Re: A non-defense ofthe Miller book.

Although I found Flannon (Jackson's?) response interesting, I think it
missed the point a bit. What is Foucault? Well, perhaps an interesting
question, but one which cannot be answered by Miller's book. I myself found
the Miller book to be thoroughly offensive. However, I have been sitting
here think about why I found it offensive, and I must admit that there are
some fundamental problems with my own dislike of it.
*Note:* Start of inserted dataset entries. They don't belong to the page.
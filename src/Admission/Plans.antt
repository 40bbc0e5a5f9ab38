-- ===== src/Admission/Plans.antt =====
-- What a spawn plan guarantees.
use mathlib.Core.Path.{subst}
use Prim.Native.String.{◌++◌}
use llamesh.Prelude.{ℕ, ◌+◌, ◌≤◌, ◌<◌, ◌≡◌, true, Option, List, String, arith}
use llamesh.Prelude.Word.{u64_max}
use llamesh.SpawnReservations.{ReservationState, profile_count}
use llamesh.Admission.Sort.{Candidate}
use llamesh.Admission.Account.{Instance, Samples, resource_accounting}
use llamesh.Admission.{
  Limits, Load, Result, ok, err, SpawnPlan, current_load, candidates, fits, pick_victims, planned,
  plan_spawn, count_profile_instances, effective_max_instances,
}
use llamesh.Admission.Victims.{freed, first_ids, Outcome, Picks, pick_victims-Picks}

-- Below the `u64` maximum the saturating sums of `fits` are plain ones.
fits-true :
    (limits : Limits) (required : ℕ × ℕ) (load : Load)
    → limits.max_vram_mb < u64_max
    → limits.max_sysmem_mb < u64_max
    → fits limits required load ≡ true
    → (load.vram + required.0 ≤ limits.max_vram_mb)
      × (load.sysmem + required.1 ≤ limits.max_sysmem_mb)
      × (load.instances < limits.max_instances_per_node)
unfolding fits
fits-true limits required load hv hs h = ground arith

module _ (limits : Limits) (s : Samples) (reservations : ReservationState)
    (instances : List Instance) (model profile_id : String) (max_instances : Option ℕ)
    (required : ℕ × ℕ) where
  abbrev loaded : Load
  loaded = current_load (resource_accounting s reservations instances) instances

  abbrev queue : List Candidate
  queue = candidates (resource_accounting s reservations instances) instances

  -- The plan evicts the first `number` candidates, and then the spawn fits every limit of the
  -- node; the profile is below its cap, pending spawns counted; and the plan carries the revision
  -- of the registry that it was made from.
  pub record Admits (plan : SpawnPlan) : Type 0 where
    pub number : ℕ
    pub victims : plan.victims ≡ first_ids number queue
    pub vram : (freed number loaded queue).vram + required.0 ≤ limits.max_vram_mb
    pub sysmem : (freed number loaded queue).sysmem + required.1 ≤ limits.max_sysmem_mb
    pub room : (freed number loaded queue).instances < limits.max_instances_per_node
    pub below_cap :
        count_profile_instances instances model profile_id
          + profile_count reservations (model ++ ":" ++ profile_id)
        < effective_max_instances max_instances limits
    pub revision : plan.revision ≡ reservations.revision

  plan_of :
      (r : Result (List String)) (plan : SpawnPlan)
      → Outcome limits required loaded queue r
      → planned reservations.revision r ≡ ok plan
      → Picks limits required loaded queue plan.victims × (plan.revision ≡ reservations.revision)
  plan_of (ok ids) plan o e =
      let same : ids ≡ plan.victims = ground arith in
      (subst (λ v. Picks limits required loaded queue v) same o, ground arith)
  plan_of (err x) plan o e = cc

  under_cap :
      (plan : SpawnPlan)
      → plan_spawn limits s reservations instances model profile_id max_instances required ≡ ok plan
      → (count_profile_instances instances model profile_id
            + profile_count reservations (model ++ ":" ++ profile_id)
          < effective_max_instances max_instances limits)
        × (planned reservations.revision (
              pick_victims limits (resource_accounting s reservations instances) instances required)
            ≡ ok plan)
  unfolding plan_spawn resource_accounting
  under_cap plan e = ground arith

  -- With limits below the `u64` maximum, a plan admits its spawn: it evicts the first so many of the
  -- idle instances, least recently used first, after which the spawn fits the memory limits and the
  -- instance limit of the node; the profile is below its cap with pending spawns counted; and the
  -- plan carries the revision of the registry that it was made from.
  pub plan_spawn-Admits :
      (plan : SpawnPlan)
      → limits.max_vram_mb < u64_max
      → limits.max_sysmem_mb < u64_max
      → plan_spawn limits s reservations instances model profile_id max_instances required ≡ ok plan
      → Admits plan
  plan_spawn-Admits plan hv hs e =
      let cap = under_cap plan e in
      let accounting = resource_accounting s reservations instances in
      let (picks, revision) =
        plan_of (pick_victims limits accounting instances required) plan
          (pick_victims-Picks limits required accounting instances) cap.1 in
      let room = fits-true limits required (freed picks.number loaded queue) hv hs picks.enough in
      record {
        number = picks.number;
        victims = picks.first;
        vram = room.0;
        sysmem = room.1;
        room = room.2;
        below_cap = cap.0;
        revision = revision;
      }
I disliked Miller's book primarily because I thought it attempted to trivial
Foucault, by reducing his body of texts to the end result of some aberant
Frenchman. It reminded me of Habermas's Modernity travesty (wherein he
reduced Derrida's work to being the result of his jewishness). It reminded
me of the stock dismissals that come from the centre: it is the result of
an aberation and therefore, although perhaps noteworthy, certainly not worth
taking seriously. It is Anglo-American dismissal of Existentialism once again.

But perhaps more seriously, it is offensive because, if placed within the
context of academic biography, it is homophobia writ large. And again, I
find myself in a bit of a bind here (although I have yet to get to the first
bind!). I am specifically thinking of "Wittgenstein: The Duty of Genius" by
Monk, I think (I leant my copy out, and am truly horrible with names).
Perhaps you will indulge me a bit and let me discuss both biographies. I
shall try to be brief (although I fear these side comments will be the death
of such a hope).

I thoroughly enjoyed Monk's book. It was the book that finally inspired me
enough to go back to school. However, when discussing it with someone, I
found that I was a little ambivalent about the way he treated Wittgenstein's
sexuality. He approached it in a Clintonesque style. He would discuss his
relationships with his boyfriends, but always in a subdued tone, mentioned
in the same sentence as your mysterious 'aunts', although you know that you
are not related to one of them. He insinuated that he was gay, although
there was no need for insinuation, as the evidence was clear: he was gay.

My co-discussor pointed out that Monk merely wished to avoid detracting from
Wittgenstein's acheivements. If he focussed on his homosexuality, people
would dismiss his work as that of a homosexual (as I accused Miller of
doing). I, however, found this reasoning unacceptable. If he was gay, this
should be acknowledge, and not merely quitely tolerated. It was a part of
the man, probably a part of what made him a genius, certainly a part of what
made him interesting. Monk merely reinforced the belief that someone who is
a queer is merely that: a queer. Otherwise, he would not have so feared
open discussing that he had to relagate it to an appendix. I conclude that
Monk was a homophobe (although I still acknowledged that it was by far and
away one of the best biographies I had read).

Now I come across Miller, who is quite explicit. Foucault was a faggot.
Not only that, he wasn't even a nice pleasant monogamous faggot, he was a
s&m pervert, and no wonder he got aids. Why should we pay any attention to
him, he subverted our American values, like all these post-modern loonies,
reprobates, frenchmen, nazis and jews (Oh, well, he didn't say anything like
that, but I just know he would have loved to say something like that).

Isn't he filling the gap?

Well, no. Although he tells us information left out of the Eribon book (for
reasons similar to Monks, although I didn't love Eribon), his subtext is
that Foucault is dismissable. He is a muckraker. He wishes us to wink and
nudge, and slighly make off-coloured insinuations in graduate seminars.

How truely horrific. The best biography must dismiss ones sexual mores (if
they at all differ from the norm) while the ones that acknowledge it only
serve to delegitimate the subject. Truly, this is the malaise of a
heterosexist culture.

So what is one to do?

When I first started writing this, I was thinking about geneaology and
history. There is no centre-point from which one can dismiss others, there
is only circumscribed history and that which it gives birth to. To dismiss
Foucault in the way Miller does is to say that there is a centre, and that
which dwells without is not part of the universal. But then what? Do we
act like pragmatists, and say: very well, we are all part of dirty history,
let us celebrate our past, acknowledge it, and be very glad it lead to where
it lead? Probably. I can't think of any other response. That is what a
good biography of Foucault would do. However, can it do so? The answer to
that, I fear, is not so cut and dried.

Sorry about the length. Didn't even get to my point.